Malware/unauthorized remote connections

Acevedomaria87 · ‎06-28-2017

Hello☺️

I called Cisco small business as I'm an average Jenny with some serious vicious trolls/hackers. The main person I suspect a former bf who has training in Cisco NC, worked for several partners and last i knew was in Palo Alto networks. I know nothing about security I thought my regular norton antivirus would do it but it doesn't and in might have a rootkit as even i go to the store and get the system restored there is malware, and certificates that allow RATS. Also if my laptops and iPhone is an endpoint of a firewall is it possible to disassociate from it? I'll wait for the partner call next week. I wish I could have gone to Cisco live.

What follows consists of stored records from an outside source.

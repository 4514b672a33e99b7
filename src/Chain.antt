-- ===== src/Chain.antt =====
-- src/padrino/core/engine/event_log.py and hashing.py, and `replay_event_log` of replay.py: the
-- hash-chained event log. `sha256_hex` is `hashlib.sha256(...).hexdigest()` of a text's UTF-8 bytes.
-- What `append` mutates is passed on as the new list of events.
pub mod Sealed
pub mod Replayed
pub mod Tamper
use padrino.Base.{
  ℕ, suc, Bool, true, false, List, [], ◌∷◌, ◌++◌, String, append_text, length, ◌==◌, ◌=ℕ=◌,
  string_eq, mem, not, if◌then◌else◌, Result, ok, err, ◌>>=◌,
}
use padrino.Json.{Value, dict_value, Fields, no_fields, field, key_in}
use padrino.Json.Canonical.{TypeError, canonical_dumps}

pub record StoredEvent : Type 0 where
  pub sequence : ℕ
  pub prev_event_hash : String
  pub event_hash : String
  pub body : Fields

-- What `append`, `from_stored` and `replay_event_log` raise.
pub data ChainError : Type 0 where
  body_type_error : TypeError → ChainError
  not_contiguous : (sequence expected_sequence : ℕ) → ChainError
  does_not_chain : (sequence : ℕ) → ChainError
  body_does_not_match : (sequence : ℕ) → ChainError
  replay_hash_mismatch : (sequence : ℕ) (expected actual : String) → ChainError

abbrev pub genesis_hash : String
genesis_hash = "0000000000000000000000000000000000000000000000000000000000000000"

abbrev pub excluded_keys : List String
excluded_keys = "event_hash" ∷ "prev_event_hash" ∷ "created_at" ∷ []

-- `{k: v for k, v in event_body.items() if k not in _EXCLUDED_KEYS}`
unfoldable pub filtered : Fields → Fields
filtered no_fields = no_fields
filtered (field k v fs) =
    let rest = filtered fs in if key_in k excluded_keys then rest else field k v rest

-- The last event's hash, or `previous` where there is none.
unfoldable pub last_hash : String → List StoredEvent → String
last_hash previous [] = previous
last_hash previous (e ∷ es) = last_hash e.event_hash es

unfoldable pub head_hash : List StoredEvent → String
unfolding last_hash
head_hash events = last_hash genesis_hash events

unfoldable pub raise_type_error {ℓ} : {A : Type ℓ} → Result TypeError A → Result ChainError A
raise_type_error (ok a) = ok a
raise_type_error (err e) = err (body_type_error e)

module _ (sha256_hex : String → String) where
  unfoldable pub compute_event_hash : String → Fields → Result ChainError String
  unfolding filtered raise_type_error
  compute_event_hash prev_event_hash event_body =
      raise_type_error (canonical_dumps (dict_value (filtered event_body))) >>= λ text.
      ok (sha256_hex (append_text prev_event_hash text))

  -- The sealed event of `append`.
  unfoldable pub seal : List StoredEvent → Fields → Result ChainError StoredEvent
  unfolding compute_event_hash head_hash
  seal events event_body = compute_event_hash (head_hash events) event_body >>= λ event_hash.
      ok (record {
        sequence = length events;
        prev_event_hash = head_hash events;
        event_hash = event_hash;
        body = event_body;
      })

  -- The log after `append`, with the event that it returns last.
  unfoldable pub append : List StoredEvent → Fields → Result ChainError (List StoredEvent)
  unfolding seal
  append events event_body = seal events event_body >>= λ stored. ok (events ++ stored ∷ [])

  -- The checks of `from_stored` on one stored event.
  unfoldable pub check_stored : ℕ → String → StoredEvent → Result ChainError (Unit {0})
  unfolding compute_event_hash
  check_stored expected_sequence previous_hash stored =
      if not (stored.sequence =ℕ= expected_sequence)
      then err (not_contiguous stored.sequence expected_sequence)
      else if not (stored.prev_event_hash == previous_hash)
      then err (does_not_chain stored.sequence)
      else (compute_event_hash previous_hash stored.body >>= λ recomputed.
          if recomputed == stored.event_hash
          then ok tt
          else err (body_does_not_match stored.sequence))

  -- The loop of `from_stored`, from the expected sequence number and the previous hash on.
  unfoldable pub from_stored_at :
      ℕ → String → List StoredEvent → Result ChainError (List StoredEvent)
  unfolding check_stored
  from_stored_at expected_sequence previous_hash [] = ok []
  from_stored_at expected_sequence previous_hash (stored ∷ rest) =
      check_stored expected_sequence previous_hash stored >>= λ _.
      from_stored_at (suc expected_sequence) stored.event_hash rest >>= λ copied.
      ok (stored ∷ copied)

  unfoldable pub from_stored : List StoredEvent → Result ChainError (List StoredEvent)
  unfolding from_stored_at
  from_stored stored_events = from_stored_at 0 genesis_hash stored_events

  -- The body of the loop of `replay_event_log`.
  unfoldable pub replay_stored :
      List StoredEvent → StoredEvent → Result ChainError (List StoredEvent)
  unfolding seal
  replay_stored log prior = seal log prior.body >>= λ replayed.
      if replayed.event_hash == prior.event_hash
      then ok (log ++ replayed ∷ [])
      else err (replay_hash_mismatch prior.sequence prior.event_hash replayed.event_hash)

  unfoldable pub replay_event_log_on :
      List StoredEvent → List StoredEvent → Result ChainError (List StoredEvent)
  unfolding replay_stored
  replay_event_log_on log [] = ok log
  replay_event_log_on log (prior ∷ rest) =
      replay_stored log prior >>= λ log'. replay_event_log_on log' rest

  unfoldable pub replay_event_log : List StoredEvent → Result ChainError (List StoredEvent)
  unfolding replay_event_log_on
  replay_event_log stored_events = replay_event_log_on [] stored_events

i didn't installed or downloaded any programs that appear in my mac or laptop I only use it with Ethernet cable. I see so many manuals that i fear some bots are using my connection maliciously. And how do I get rid of them? What products services I would need?

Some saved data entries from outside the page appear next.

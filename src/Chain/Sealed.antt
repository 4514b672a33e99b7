-- ===== src/Chain/Sealed.antt =====
-- Chains of sealed events, as a relation, and how `append`, `from_stored` and `replay_event_log` stand
-- to it.
use mathlib.Core.Path.{subst}
use padrino.Base.{
  ℕ, suc, ◌+◌, ◌≡◌, refl, sym, ap, ◌∙◌, List, [], ◌∷◌, ◌++◌, String, length, string_eq, ok,
  first_step, ok-injective, arith,
}
use padrino.Json.{Fields}
use padrino.Chain.{
  StoredEvent, genesis_hash, last_hash, head_hash, compute_event_hash, seal, append, check_stored,
  from_stored_at, from_stored,
}

module _ (sha256_hex : String → String) where
  -- Consecutive numbers from `n`, pointers to the hash before from `previous` on, and hashes of the
  -- bodies.
  pub data IsSealedFrom : ℕ → String → List StoredEvent → Type 0 where
    sealed_none : {n : ℕ} {previous : String} → IsSealedFrom n previous []
    sealed_next :
        {n : ℕ} {previous : String} {stored : StoredEvent} {rest : List StoredEvent}
        → stored.sequence ≡ n
        → stored.prev_event_hash ≡ previous
        → compute_event_hash sha256_hex previous stored.body ≡ ok stored.event_hash
        → IsSealedFrom (suc n) stored.event_hash rest
        → IsSealedFrom n previous (stored ∷ rest)

  abbrev pub IsSealed : List StoredEvent → Type 0
  IsSealed events = IsSealedFrom 0 genesis_hash events

  pub IsSealedFrom-append :
      (n : ℕ) (previous : String) (es : List StoredEvent) (e : StoredEvent)
      → IsSealedFrom n previous es
      → e.sequence ≡ n + length es
      → e.prev_event_hash ≡ last_hash previous es
      → compute_event_hash sha256_hex (last_hash previous es) e.body ≡ ok e.event_hash
      → IsSealedFrom n previous (es ++ e ∷ [])
  unfolding last_hash
  IsSealedFrom-append n previous [] e sealed_none number pointer hashed =
      sealed_next (omega arith) pointer hashed sealed_none
  IsSealedFrom-append n previous (f ∷ es) e (sealed_next a b c s) number pointer hashed =
      sealed_next a b c
        (IsSealedFrom-append (suc n) f.event_hash es e s (omega arith) pointer hashed)

  -- The event that `append` seals continues the chain.
  pub seal-next :
      (es : List StoredEvent) (body : Fields) (e : StoredEvent)
      → seal sha256_hex es body ≡ ok e
      → (e.sequence ≡ length es)
        × (e.prev_event_hash ≡ head_hash es)
        × (compute_event_hash sha256_hex (head_hash es) body ≡ ok e.event_hash)
        × (e.body ≡ body)
  unfolding seal
  seal-next es body e h =
      let (hash, computed, sealed) =
        first_step _ (compute_event_hash sha256_hex (head_hash es) body) e h in
      let p = ok-injective sealed in
      (
        ap (λ s. s.sequence) (sym p),
        ap (λ s. s.prev_event_hash) (sym p),
        computed ∙ ap (λ s. ok s.event_hash) p,
        ap (λ s. s.body) (sym p),
      )

  pub check_stored-IsSealed :
      (n : ℕ) (previous : String) (e : StoredEvent)
      → check_stored sha256_hex n previous e ≡ ok tt
      → (e.sequence ≡ n)
        × (e.prev_event_hash ≡ previous)
        × (compute_event_hash sha256_hex previous e.body ≡ ok e.event_hash)
  unfolding check_stored
  check_stored-IsSealed n previous e h = ground arith

  pub from_stored_at-IsSealed :
      (n : ℕ) (previous : String) (es log : List StoredEvent)
      → from_stored_at sha256_hex n previous es ≡ ok log
      → IsSealedFrom n previous es × (log ≡ es)
  unfolding from_stored_at
  from_stored_at-IsSealed n previous [] log h = (sealed_none, sym (ok-injective h))
  from_stored_at-IsSealed n previous (e ∷ es) log h =
      let (_, checked, h') = first_step _ (check_stored sha256_hex n previous e) log h in
      let (rest, followed, h'') =
        first_step _ (from_stored_at sha256_hex (suc n) e.event_hash es) log h' in
      let (number, pointer, hashed) = check_stored-IsSealed n previous e checked in
      let (sealed, copied) = from_stored_at-IsSealed (suc n) e.event_hash es rest followed in
      (sealed_next number pointer hashed sealed, sym (ok-injective h'') ∙ ap (λ t. e ∷ t) copied)

  IsSealed-check_stored :
      (n : ℕ) (previous : String) (e : StoredEvent)
      → e.sequence ≡ n
      → e.prev_event_hash ≡ previous
      → compute_event_hash sha256_hex previous e.body ≡ ok e.event_hash
      → check_stored sha256_hex n previous e ≡ ok tt
  unfolding check_stored
  IsSealed-check_stored n previous e number pointer hashed = rw hashed (ground arith)

  pub IsSealed-from_stored_at :
      (n : ℕ) (previous : String) (es : List StoredEvent)
      → IsSealedFrom n previous es
      → from_stored_at sha256_hex n previous es ≡ ok es
  unfolding from_stored_at
  IsSealed-from_stored_at n previous [] sealed_none = refl
  IsSealed-from_stored_at n previous (e ∷ es) (sealed_next number pointer hashed sealed) =
      rw (IsSealed-check_stored n previous e number pointer hashed)
        (rw (IsSealed-from_stored_at (suc n) e.event_hash es sealed) refl)

  -- A log that `from_stored` accepts is sealed, and comes back as it was stored.
  pub from_stored-IsSealed :
      (es log : List StoredEvent) → from_stored sha256_hex es ≡ ok log → IsSealed es × (log ≡ es)
  unfolding from_stored
  from_stored-IsSealed es log h = from_stored_at-IsSealed 0 genesis_hash es log h

  -- A sealed log is accepted by `from_stored`.
  pub IsSealed-from_stored :
      (es : List StoredEvent) → IsSealed es → from_stored sha256_hex es ≡ ok es
  unfolding from_stored
  IsSealed-from_stored es s = IsSealed-from_stored_at 0 genesis_hash es s

  -- `append` keeps a log sealed.
  pub append-IsSealed :
      (es log : List StoredEvent) (body : Fields)
      → IsSealed es
      → append sha256_hex es body ≡ ok log
      → IsSealed log
  unfolding append head_hash
  append-IsSealed es log body s h =
      let (e, sealed, h') = first_step _ (seal sha256_hex es body) log h in
      let (number, pointer, hashed, same) = seal-next es body e sealed in
      subst IsSealed (ok-injective h') (
        IsSealedFrom-append 0 genesis_hash es e s (omega (arith, number)) pointer
          (ap (λ b. compute_event_hash sha256_hex (head_hash es) b) same ∙ hashed))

Making it clear I'm a regular person, these are my personal computer and wouldn't like anyone accessing remotely to it.

Thank you!

Marvin Rhoads · ‎06-28-2017

None of the images you posted are indications of compromise.

They all appear to be benign screenshots of various system connection status and file details that are normal and expected.

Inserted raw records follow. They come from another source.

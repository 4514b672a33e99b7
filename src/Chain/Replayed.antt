-- ===== src/Chain/Replayed.antt =====
-- `replay_event_log` and `append` against `from_stored`.
use mathlib.Core.Path.{subst}
use padrino.Base.{
  ℕ, suc, ◌≡◌, refl, sym, ap, ◌∙◌, inl, inr, true, List, [], ◌∷◌, ◌++◌, map, String, length, ◌==◌,
  string_eq, Bool-cases, ok, ◌>>=◌, first_step, ok-injective, arith,
}
use padrino.Json.{Fields}
use padrino.Chain.{
  StoredEvent, genesis_hash, last_hash, head_hash, compute_event_hash, seal, append, from_stored,
  replay_stored, replay_event_log_on, replay_event_log,
}
use padrino.Chain.Sealed.{
  IsSealed, IsSealedFrom, sealed_none, sealed_next, seal-next, from_stored-IsSealed,
  IsSealed-from_stored, append-IsSealed,
}

last_hash-snoc :
    (h : String) (es : List StoredEvent) (e : StoredEvent)
    → last_hash h (es ++ e ∷ []) ≡ e.event_hash
unfolding last_hash
last_hash-snoc h [] e = refl
last_hash-snoc h (f ∷ es) e = last_hash-snoc f.event_hash es e

length-snoc : (es : List StoredEvent) (e : StoredEvent) → length (es ++ e ∷ []) ≡ suc (length es)
length-snoc [] e = refl
length-snoc (f ∷ es) e = ap suc (length-snoc es e)

append_assoc {ℓ} :
    {A : Type ℓ} (es : List A) (e : A) (fs : List A) → (es ++ e ∷ []) ++ fs ≡ es ++ (e ∷ fs)
append_assoc [] e fs = refl
append_assoc (f ∷ es) e fs = ap (λ t. f ∷ t) (append_assoc es e fs)

append_nil {ℓ} : {A : Type ℓ} (es : List A) → es ++ [] ≡ es
append_nil [] = refl
append_nil (f ∷ es) = ap (λ t. f ∷ t) (append_nil es)

-- What a replay takes over from an event.
abbrev pub kept : StoredEvent → String × Fields
kept e = (e.event_hash, e.body)

map-snoc :
    (es : List StoredEvent) (e : StoredEvent) → map kept (es ++ e ∷ []) ≡ map kept es ++ kept e ∷ []
map-snoc [] e = refl
map-snoc (f ∷ es) e = ap (λ t. kept f ∷ t) (map-snoc es e)

path_of : (s t : String) → s == t ≡ true → s ≡ t
path_of s t h = ground arith

-- An event under another sequence number.
abbrev pub renumber : (StoredEvent → ℕ) → StoredEvent → StoredEvent
renumber f e = record e { sequence = f e }

module _ (sha256_hex : String → String) where
  -- An event that continues the log is what `replay_stored` adds.
  replay_stored-next :
      (log : List StoredEvent) (e : StoredEvent)
      → e.sequence ≡ length log
      → e.prev_event_hash ≡ head_hash log
      → compute_event_hash sha256_hex (head_hash log) e.body ≡ ok e.event_hash
      → replay_stored sha256_hex log e ≡ ok (log ++ e ∷ [])
  unfolding replay_stored seal
  replay_stored-next log e number pointer hashed = rw hashed (ground (arith, number, pointer))

  IsSealedFrom-replay_event_log_on :
      (log es : List StoredEvent)
      → IsSealedFrom sha256_hex (length log) (head_hash log) es
      → replay_event_log_on sha256_hex log es ≡ ok (log ++ es)
  unfolding replay_event_log_on head_hash
  IsSealedFrom-replay_event_log_on log [] sealed_none = ap ok (sym (append_nil log))
  IsSealedFrom-replay_event_log_on log (e ∷ es) (sealed_next number pointer hashed sealed) =
      rw (replay_stored-next log e number pointer hashed) (
        IsSealedFrom-replay_event_log_on (log ++ e ∷ []) es (
          subst (λ n. IsSealedFrom sha256_hex n (head_hash (log ++ e ∷ [])) es)
            (sym (length-snoc log e))
            (subst (λ h. IsSealedFrom sha256_hex (suc (length log)) h es)
              (sym (last_hash-snoc genesis_hash log e)) sealed))
        ∙ ap ok (append_assoc log e es))

  -- A log that `from_stored` accepts is what `replay_event_log` builds again from its bodies, event for
  -- event.
  pub replay_event_log-from_stored :
      (es log : List StoredEvent)
      → from_stored sha256_hex es ≡ ok log
      → replay_event_log sha256_hex es ≡ ok es
  unfolding replay_event_log
  replay_event_log-from_stored es log h =
      IsSealedFrom-replay_event_log_on [] es ((from_stored-IsSealed sha256_hex es log h).0)

  -- A log that `from_stored` accepts is one that it accepts after each `append` too.
  pub from_stored-append :
      (es log log' : List StoredEvent) (body : Fields)
      → from_stored sha256_hex es ≡ ok log
      → append sha256_hex log body ≡ ok log'
      → from_stored sha256_hex log' ≡ ok log'
  from_stored-append es log log' body h k =
      let (sealed, same) = from_stored-IsSealed sha256_hex es log h in
      IsSealed-from_stored sha256_hex log'
        (append-IsSealed sha256_hex log log' body (subst (IsSealed sha256_hex) (sym same) sealed) k)

  -- What `replay_stored` adds continues the chain, with the hash and the body of the event replayed.
  replay_stored-IsSealed :
      (log : List StoredEvent) (e : StoredEvent) (log' : List StoredEvent)
      → IsSealed sha256_hex log
      → replay_stored sha256_hex log e ≡ ok log'
      → IsSealed sha256_hex log' × (map kept log' ≡ map kept log ++ kept e ∷ [])
  unfolding replay_stored append
  replay_stored-IsSealed log e log' s h =
      let (r, sealed, h') = first_step _ (seal sha256_hex log e.body) log' h in
      let (number, pointer, hashed, same) = seal-next sha256_hex log e.body r sealed in
      elim (Bool-cases (r.event_hash == e.event_hash)) [
        | inr differs ↦ cc
        | inl agrees ↦
            let added : log ++ r ∷ [] ≡ log' = ground (arith, agrees, h') in
            (
              append-IsSealed sha256_hex log log' e.body s
                  (ap (λ m. m >>= λ stored. ok (log ++ stored ∷ [])) sealed ∙ ap ok added),
              ap (map kept) (sym added)
                  ∙ map-snoc log r
                  ∙ ap (λ k. map kept log ++ k ∷ [])
                      (λ i. (path_of r.event_hash e.event_hash agrees i, same i)),
            )
      ]

  -- What the loop of `replay_event_log` keeps.
  replay_event_log_on-IsSealed :
      (log es result : List StoredEvent)
      → IsSealed sha256_hex log
      → replay_event_log_on sha256_hex log es ≡ ok result
      → IsSealed sha256_hex result × (map kept result ≡ map kept log ++ map kept es)
  unfolding replay_event_log_on
  replay_event_log_on-IsSealed log [] result s h = (
    subst (IsSealed sha256_hex) (ok-injective h) s,
    ap (map kept) (sym (ok-injective h)) ∙ sym (append_nil (map kept log)),
  )
  replay_event_log_on-IsSealed log (e ∷ es) result s h =
      let (log', stepped, h') = first_step _ (replay_stored sha256_hex log e) result h in
      let (sealed, added) = replay_stored-IsSealed log e log' s stepped in
      let (done, all) = replay_event_log_on-IsSealed log' es result sealed h' in
      (
        done,
        all ∙ ap (λ k. k ++ map kept es) added ∙ append_assoc (map kept log) (kept e) (map kept es),
      )

  -- A log that `replay_event_log` returns is accepted by `from_stored`, and has the hashes and the
  -- bodies of the events replayed.
  pub from_stored-replay_event_log :
      (es log : List StoredEvent)
      → replay_event_log sha256_hex es ≡ ok log
      → (from_stored sha256_hex log ≡ ok log) × (map kept log ≡ map kept es)
  unfolding replay_event_log
  from_stored-replay_event_log es log h =
      let (sealed, all) = replay_event_log_on-IsSealed [] es log sealed_none h in
      (IsSealed-from_stored sha256_hex log sealed, all)

  replay_stored-renumbered :
      (f : StoredEvent → ℕ) (log : List StoredEvent) (e : StoredEvent) (log' : List StoredEvent)
      → replay_stored sha256_hex log e ≡ ok log'
      → replay_stored sha256_hex log (renumber f e) ≡ ok log'
  unfolding replay_stored
  replay_stored-renumbered f log e log' h =
      let (r, sealed, h') = first_step _ (seal sha256_hex log e.body) log' h in
      rw sealed (elim (Bool-cases (r.event_hash == e.event_hash)) [
        | inr differs ↦ cc
        | inl agrees ↦ ground (arith, agrees, h')
      ])

  replay_event_log_on-renumbered :
      (f : StoredEvent → ℕ) (log es result : List StoredEvent)
      → replay_event_log_on sha256_hex log es ≡ ok result
      → replay_event_log_on sha256_hex log (map (renumber f) es) ≡ ok result
  unfolding replay_event_log_on replay_stored
  replay_event_log_on-renumbered f log [] result h = h
  replay_event_log_on-renumbered f log (e ∷ es) result h =
      let (log', stepped, h') = first_step _ (replay_stored sha256_hex log e) result h in
      rw (replay_stored-renumbered f log e log' stepped)
        (replay_event_log_on-renumbered f log' es result h')

  -- `replay_event_log` does not look at the sequence numbers of the events: with any others in their
  -- place it returns the same log.
  pub replay_event_log-renumbered :
      (f : StoredEvent → ℕ) (es log : List StoredEvent)
      → replay_event_log sha256_hex es ≡ ok log
      → replay_event_log sha256_hex (map (renumber f) es) ≡ ok log
  unfolding replay_event_log
  replay_event_log-renumbered f es log h = replay_event_log_on-renumbered f [] es log h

Acevedomaria87 · ‎06-28-2017

Thank you for your answer but I didn't download any of those programs or I didn't allow any of those connections.

Its my personal computers and I only use it to search online. I don't have any Cisco or any firewall that Would allow remote connections.

its my personal computers and I wouldn't like to have any remote connections to it.

Marvin Rhoads · ‎06-29-2017

Neither Cisco or any firewall have anything to do with what you posted.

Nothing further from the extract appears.